_Material provided:_

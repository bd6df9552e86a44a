-- ===== src/Endpoints/Routes.antt =====
-- Which entry answers a request.
use wzprof.Base.{
  ℕ, ◌≡◌, ◌≢◌, refl, sym, ap, ◌∙◌, inl, inr, List, [], ◌∷◌, ◌++◌, map, Option, none, some, ◌==◌,
  ==→eq, ==→ne, if◌then◌else◌, Bool-cases, All,
}
use wzprof.WasmBin.{bytes_eq}
use wzprof.WasmBin.Bytes.{bytes_eq→eq, bytes_eq→ne}
use wzprof.Endpoints.{
  Profiler, ProfileEntry, Request, cut_prefix, debug_pprof, entry_of, Answer, served, index, answer,
  look_up, handler, guest_entry, host_entries,
}

-- A request that an entry answers: its path is the entry's behind the prefix, and no entry before it has
-- the same one.
abbrev pub Answers : List ProfileEntry → List ℕ → ProfileEntry → Type 0
Answers entries path e =
    (before : List ProfileEntry) × (after : List ProfileEntry) × (entries ≡ before ++ (e ∷ after))
    × (path ≡ debug_pprof ++ e.href)
    × All (λ (b : ProfileEntry). b.href ≢ e.href) before

-- What becomes of a request: the first entry with its path answers it, or, exactly where there is none,
-- the page of all entries.
abbrev pub IsAnswered :
    List ProfileEntry → List ProfileEntry → List ProfileEntry → List ℕ → Answer → Type 0
IsAnswered entries guest host path (served e) = Answers entries path e
IsAnswered entries guest host path (index g h) =
    All (λ (e : ProfileEntry). path ≢ debug_pprof ++ e.href) entries × (g ≡ guest) × (h ≡ host)

-- What is left of a path behind a prefix.
Cuts : List ℕ → List ℕ → Option (List ℕ) → Type 0
Cuts prefix path none = (rest : List ℕ) → path ≢ prefix ++ rest
Cuts prefix path (some rest) = path ≡ prefix ++ rest

tail_cons : {x y : ℕ} {xs ys : List ℕ} → x ∷ xs ≡ y ∷ ys → xs ≡ ys
tail_cons e = cc

head_cons : {x y : ℕ} {xs ys : List ℕ} → x ∷ xs ≡ y ∷ ys → x ≡ y
head_cons e = cc

Cuts-cons :
    {c d : ℕ} (cs ds : List ℕ) (cut : Option (List ℕ))
    → c ≡ d
    → Cuts cs ds cut
    → Cuts (c ∷ cs) (d ∷ ds) cut
unfolding Cuts
Cuts-cons cs ds none e h = λ rest p. h rest (tail_cons p)
Cuts-cons cs ds (some rest) e h = cc (e, h)

cut_prefix-Cuts : (prefix path : List ℕ) → Cuts prefix path (cut_prefix prefix path)
unfolding cut_prefix Cuts
cut_prefix-Cuts [] path = refl
cut_prefix-Cuts (c ∷ cs) [] = λ rest e. cc
cut_prefix-Cuts (c ∷ cs) (d ∷ ds) = elim (Bool-cases (c == d)) [
  | inr n ↦ rw (n) (λ rest e. absurd (==→ne c d n (sym (head_cons e))))
  | inl y ↦ rw (y) (Cuts-cons cs ds (cut_prefix cs ds) (==→eq c d y) (cut_prefix-Cuts cs ds))
]

-- The entry that the loop stops at.
Finds : List ProfileEntry → List ℕ → Option ProfileEntry → Type 0
Finds entries href none = All (λ (e : ProfileEntry). e.href ≢ href) entries
Finds entries href (some e) =
    (before : List ProfileEntry) × (after : List ProfileEntry) × (entries ≡ before ++ (e ∷ after))
    × (e.href ≡ href)
    × All (λ (b : ProfileEntry). b.href ≢ e.href) before

Finds-cons :
    (x : ProfileEntry) (entries : List ProfileEntry) (href : List ℕ) (found : Option ProfileEntry)
    → x.href ≢ href
    → Finds entries href found
    → Finds (x ∷ entries) href found
unfolding Finds
Finds-cons x entries href none n h = (n, h)
Finds-cons x entries href (some e) n (before, after, split, same, rest) = (
  x ∷ before,
  after,
  ap (λ (es : List ProfileEntry). x ∷ es) split,
  same,
  ((λ p. n (p ∙ same)), rest),
)

entry_of-Finds :
    (href : List ℕ) (entries : List ProfileEntry) → Finds entries href (entry_of href entries)
unfolding entry_of Finds
entry_of-Finds href [] = tt
entry_of-Finds href (x ∷ entries) = elim (Bool-cases (bytes_eq x.href href)) [
  | inl y ↦ rw (y) ([], entries, refl, bytes_eq→eq x.href href y, tt)
  | inr n ↦ rw (n) (
      Finds-cons x entries href (entry_of href entries) (bytes_eq→ne x.href href n)
        (entry_of-Finds href entries))
]

tail_text : (prefix : List ℕ) {xs ys : List ℕ} → prefix ++ xs ≡ prefix ++ ys → xs ≡ ys
tail_text [] e = e
tail_text (c ∷ cs) e = tail_text cs (tail_cons e)

All-weaken :
    {P Q : ProfileEntry → Type 0}
    → ((e : ProfileEntry) → P e → Q e)
    → (es : List ProfileEntry) → All P es
    → All Q es
All-weaken w [] h = tt
All-weaken w (e ∷ es) (p, h) = (w e p, All-weaken w es h)

All-every :
    {P : ProfileEntry → Type 0} → ((e : ProfileEntry) → P e) → (es : List ProfileEntry) → All P es
All-every w [] = tt
All-every w (e ∷ es) = (w e, All-every w es)

answer-IsAnswered :
    (entries g h : List ProfileEntry) (path href : List ℕ)
    → path ≡ debug_pprof ++ href
    → (found : Option ProfileEntry) → Finds entries href found
    → IsAnswered entries g h path (answer (index g h) found)
unfolding answer Finds
answer-IsAnswered entries g h path href p none none_of =
    (All-weaken (λ e n q. n (sym (tail_text debug_pprof (sym p ∙ q)))) entries none_of, refl, refl)
answer-IsAnswered entries g h path href p (some e) (before, after, split, same, first) =
    (before, after, split, p ∙ ap (λ (x : List ℕ). debug_pprof ++ x) (sym same), first)

look_up-IsAnswered :
    (entries g h : List ProfileEntry) (path : List ℕ) (cut : Option (List ℕ))
    → Cuts debug_pprof path cut
    → IsAnswered entries g h path (look_up (index g h) entries cut)
unfolding look_up Cuts
look_up-IsAnswered entries g h path none c = (All-every (λ e. c e.href) entries, refl, refl)
look_up-IsAnswered entries g h path (some href) c =
    answer-IsAnswered entries g h path href c (entry_of href entries) (entry_of-Finds href entries)

-- Of the entries of the guest, or of the host when the query has `host`, the first whose path behind
-- /debug/pprof/ is the path of the request answers it; where there is none, and only there, the answer is
-- the page of all entries, sorted.
pub handler-IsAnswered :
    (sort : List ProfileEntry → List ProfileEntry) (profilers : List Profiler)
    (profiles : List (List ℕ × ℕ)) (goroutines : ℕ) (r : Request)
    → IsAnswered
        (if r.host then host_entries profiles goroutines else map guest_entry profilers)
        (sort (map guest_entry profilers))
        (sort (host_entries profiles goroutines))
        r.path
        (handler sort profilers profiles goroutines r)
unfolding handler
handler-IsAnswered sort profilers profiles goroutines r =
    look_up-IsAnswered
      (if r.host then host_entries profiles goroutines else map guest_entry profilers)
      (sort (map guest_entry profilers)) (sort (host_entries profiles goroutines)) r.path
      (cut_prefix debug_pprof r.path) (cut_prefix-Cuts debug_pprof r.path)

_Task goal:_ Copying word for word, give each line of the data above from the first one through the line containing "Cuts : List", and nothing else.

_Expected answer:_
repository bd6df9552e86a44a
-- ===== src/Endpoints/Routes.antt =====
-- Which entry answers a request.
use wzprof.Base.{
  ℕ, ◌≡◌, ◌≢◌, refl, sym, ap, ◌∙◌, inl, inr, List, [], ◌∷◌, ◌++◌, map, Option, none, some, ◌==◌,
  ==→eq, ==→ne, if◌then◌else◌, Bool-cases, All,
}
use wzprof.WasmBin.{bytes_eq}
use wzprof.WasmBin.Bytes.{bytes_eq→eq, bytes_eq→ne}
use wzprof.Endpoints.{
  Profiler, ProfileEntry, Request, cut_prefix, debug_pprof, entry_of, Answer, served, index, answer,
  look_up, handler, guest_entry, host_entries,
}

-- A request that an entry answers: its path is the entry's behind the prefix, and no entry before it has
-- the same one.
abbrev pub Answers : List ProfileEntry → List ℕ → ProfileEntry → Type 0
Answers entries path e =
    (before : List ProfileEntry) × (after : List ProfileEntry) × (entries ≡ before ++ (e ∷ after))
    × (path ≡ debug_pprof ++ e.href)
    × All (λ (b : ProfileEntry). b.href ≢ e.href) before

-- What becomes of a request: the first entry with its path answers it, or, exactly where there is none,
-- the page of all entries.
abbrev pub IsAnswered :
    List ProfileEntry → List ProfileEntry → List ProfileEntry → List ℕ → Answer → Type 0
IsAnswered entries guest host path (served e) = Answers entries path e
IsAnswered entries guest host path (index g h) =
    All (λ (e : ProfileEntry). path ≢ debug_pprof ++ e.href) entries × (g ≡ guest) × (h ≡ host)

-- What is left of a path behind a prefix.
Cuts : List ℕ → List ℕ → Option (List ℕ) → Type 0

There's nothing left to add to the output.